FIG. 5A illustrates the energy distribution of a conventional (single 
angle, no regeneration) 10 kilowatt, 150 MJ/kg arcjet thruster. The 
efficiency, that portion constituting thrust and identified by reference 
numeral 66 is 34.3%. The losses are comprised of thermal losses 68, 8.6% 
constituting heat absorbed by the anode; ionization losses 70, 8.5%, 
constituting energy introduced into the propellant gas and forming 
non-reactive gaseous species; and "other" denoted by reference line 72, 
and constituting 48.6% of the loss. "Other" is a combination of frozen 
flow losses and wasted heat exhausted with the propellant gas out from the 
anode nozzle. 
Referring to FIG. 5B, the energy distribution for the biangle regenerative 
anode of the invention operating at 10 KW, 150 MJ/kg has a thrust 
efficiency 66 of 39.6%. The thermal losses 68 through the anode are 5.0%. 
The ionization losses 70 are 9.1% and the "other" losses 72 are 46.3%. 
FIG. 6 illustrates graphically where the 5.3% increase in thrust efficiency 
of the arcjet thruster of the invention is constituted. There is a 2.3% 
decrease in "other" losses 72, a 3.6% decrease in thermal losses 68 and a 
0.6% increase in ionization losses constituting a net increase in thrust 
efficiency 74 of 5.3%. 
FIG. 6 illustrates that the increased efficiency was not brought about 
merely by improved performance recovery of thermal losses. Rather, 
unexpectedly in view of FIG. 2, the frozen flow losses were also reduced 
by 2.3%. 
FIG. 7 graphically illustrates that by selecting the regeneration 
efficiency to be in excess of 65% as described above, it is possible to 
operate the biangle nozzle denoted by reference line 76 at a lower 
temperature than a conventional single angle nozzle denoted by reference 
line 78. The abscissa is expressed as a function of the normalized 
distance from the constrictor exit (L/L.sub.o) such that at the 
constrictor exit L/L.sub.o equals zero. When the thermal efficiency is 
about 95%, as illustrated in FIG. 7, the temperature reduction is up to 
200.degree. K. 
With reference to FIG. 8, the voltage to sustain the arc is higher for the 
nozzle of the invention as denoted by reference line 80 than for a 
conventional biangle nozzle without a regeneration passageway as denoted 
by reference line 82 or for a single angle nozzle as denoted by reference 
line 84. Running at a higher voltage, such as from about 200 volts to 
about 250 volts and preferably from about 210 volts to about 230 volts, 
with a correspondingly lower current, reduces cathode and anode erosion, 
thereby increasing the effective thruster life. 

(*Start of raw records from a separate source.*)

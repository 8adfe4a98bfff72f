-- ===== src/Trap/Enter.antt =====
-- iss.cpp: `switch_to_trap_handler`, the entry of a trap handler.
use rvvp.Base.{ℕ, true, false, not, ◌&&◌, ◌||◌, ◌==◌, ◌+◌, ◌*◌, ◌%◌, ◌^◌, if◌then◌else◌}
use rvvp.Base.Bits.{truth}
use rvvp.Core.Privilege.{
  user_mode, supervisor_mode, machine_mode, virtual_user_mode, virtual_supervisor_mode,
  privilege_level_to_pp, privilege_level_to_v, is_irq_capable_level,
}
use rvvp.Core.Result.{Result, ok, stop, runtime_error, check, ◌>>=◌, ◌>>◌}
use rvvp.Trap.State.{Callees, Hart, vectored, snps_nested_vectored, get_base_address, registers}
use rvvp.Trap.Stack.{stsp_swap_sp_on_mode_change, release_lr_sc_reservation}

module _ {M : Type 0} where
  -- `set_pending_ivt`: the program counter is loaded at the start of the next step.
  unfoldable pub set_pending_ivt : ℕ → Hart M → Hart M
  set_pending_ivt address h = record h { ivt_pending = true; ivt_entry_address = address }

  -- The test of `verify_m_trap_vector`; otherwise it at most warns.
  unfoldable pub verify_m_trap_vector : ℕ → Hart M → Result (Unit {0})
  verify_m_trap_vector mtvec_base_addr h =
      if mtvec_base_addr == 0 && h.error_on_zero_traphandler then stop runtime_error else ok tt

  unfoldable pub vector_to_line : Callees M → ℕ → ℕ → Hart M → Result (Hart M)
  unfolding set_pending_ivt
  vector_to_line c base_mode base h = c.nv_mode_get_ivt_line_num base_mode h.called >>= λ line.
      ok (set_pending_ivt ((base + 4 * line) % 2 ^ 32) h)

  -- `jump_to_trap_vector` up to the call of `notify_irq_taken`.
  unfoldable pub vector_to : Callees M → ℕ → Hart M → Result (Hart M)
  unfolding set_pending_ivt vector_to_line
  vector_to c base_mode h =
      let xtvec = (registers base_mode h).tvec in
      let cause = (registers base_mode h).cause in
      let base = get_base_address xtvec in
      if cause.interrupt && xtvec.mode == vectored
      then ok (record h { pc = (base + 4 * cause.exception_code) % 2 ^ 32 })
      else if cause.interrupt && xtvec.mode == snps_nested_vectored
      then vector_to_line c base_mode base h
      else if not cause.interrupt && xtvec.mode == snps_nested_vectored
      then ok (set_pending_ivt base h)
      else ok (record h { pc = base })

  unfoldable pub irq_taken : Callees M → ℕ → Hart M → Result (Hart M)
  irq_taken c base_mode h =
      c.notify_irq_taken base_mode h.called >>= λ called. ok (record h { called = called })

  unfoldable pub jump_to_trap_vector : Callees M → ℕ → Hart M → Result (Hart M)
  unfolding verify_m_trap_vector vector_to irq_taken is_irq_capable_level
  jump_to_trap_vector c base_mode h =
      check (is_irq_capable_level base_mode)
      >> ((if base_mode == machine_mode
            then verify_m_trap_vector (get_base_address h.m.tvec) h
            else ok tt)
          >> (vector_to c base_mode h >>= λ jumped.
              if (registers base_mode h).cause.interrupt
              then irq_taken c base_mode jumped
              else ok jumped))

  -- The switch of `switch_to_trap_handler`; `pp` is the level that is left.
  unfoldable pub save_for_m : ℕ → Hart M → Result (Hart M)
  unfolding privilege_level_to_pp privilege_level_to_v
  save_for_m pp h = ok (record h {
    m = record h.m { epc = h.pc };
    mstatus = record h.mstatus {
      mpie = h.mstatus.mie;
      mie = false;
      mpp = privilege_level_to_pp pp % 4;
    };
    mpv = privilege_level_to_v pp % 2;
  })

  unfoldable pub save_for_vs : ℕ → Hart M → Result (Hart M)
  unfolding privilege_level_to_pp
  save_for_vs pp h =
      check (pp == virtual_supervisor_mode || pp == virtual_user_mode)
      >> ok (record h {
        vs = record h.vs { epc = h.pc };
        vsstatus = record {
          spie = h.vsstatus.sie;
          sie = false;
          spp = privilege_level_to_pp pp % 2;
        };
      })

  unfoldable pub save_for_s : ℕ → Hart M → Result (Hart M)
  unfolding privilege_level_to_pp privilege_level_to_v
  save_for_s pp h =
      check (
        pp == supervisor_mode
        || pp == virtual_supervisor_mode
        || pp == user_mode
        || pp == virtual_user_mode)
      >> ok (record h {
        s = record h.s { epc = h.pc };
        mstatus = record h.mstatus {
          spie = h.mstatus.sie;
          sie = false;
          spp = privilege_level_to_pp pp % 2;
        };
        hstatus = record h.hstatus {
          spv = privilege_level_to_v pp % 2;
          spvp =
              if truth (privilege_level_to_v pp)
              then privilege_level_to_pp pp % 2
              else h.hstatus.spvp;
        };
      })

  unfoldable pub save_for : ℕ → ℕ → Hart M → Result (Hart M)
  unfolding save_for_m save_for_vs save_for_s
  save_for target_mode pp h =
      if target_mode == machine_mode
      then save_for_m pp h
      else if target_mode == virtual_supervisor_mode
      then save_for_vs pp h
      else if target_mode == supervisor_mode
      then save_for_s pp h
      else stop runtime_error

  unfoldable pub switch_to_trap_handler : Callees M → ℕ → Hart M → Result (Hart M)
  unfolding release_lr_sc_reservation stsp_swap_sp_on_mode_change save_for jump_to_trap_vector
  switch_to_trap_handler c target_mode h =
      stsp_swap_sp_on_mode_change target_mode h.prv
        (record (release_lr_sc_reservation c h) { prv = target_mode })
      >>= λ swapped.
          save_for target_mode h.prv swapped >>= λ saved. jump_to_trap_vector c target_mode saved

It is apparent that there has been provided in accordance with this 
invention a process for the manufacture of an electrothermal arcjet 
thruster that fully satisfies the objects, features and advantages set 
forth hereinbefore. While the invention has been described in combination 
with specific embodiments thereof, it is evident that many alternatives, 
modifications and variations will be apparent to those skilled in the art 
in light of the foregoing description. Accordingly, it is intended to 
embrace all such alternatives, modifications and variations as fall within 
the spirit and broad scope of the appended claims.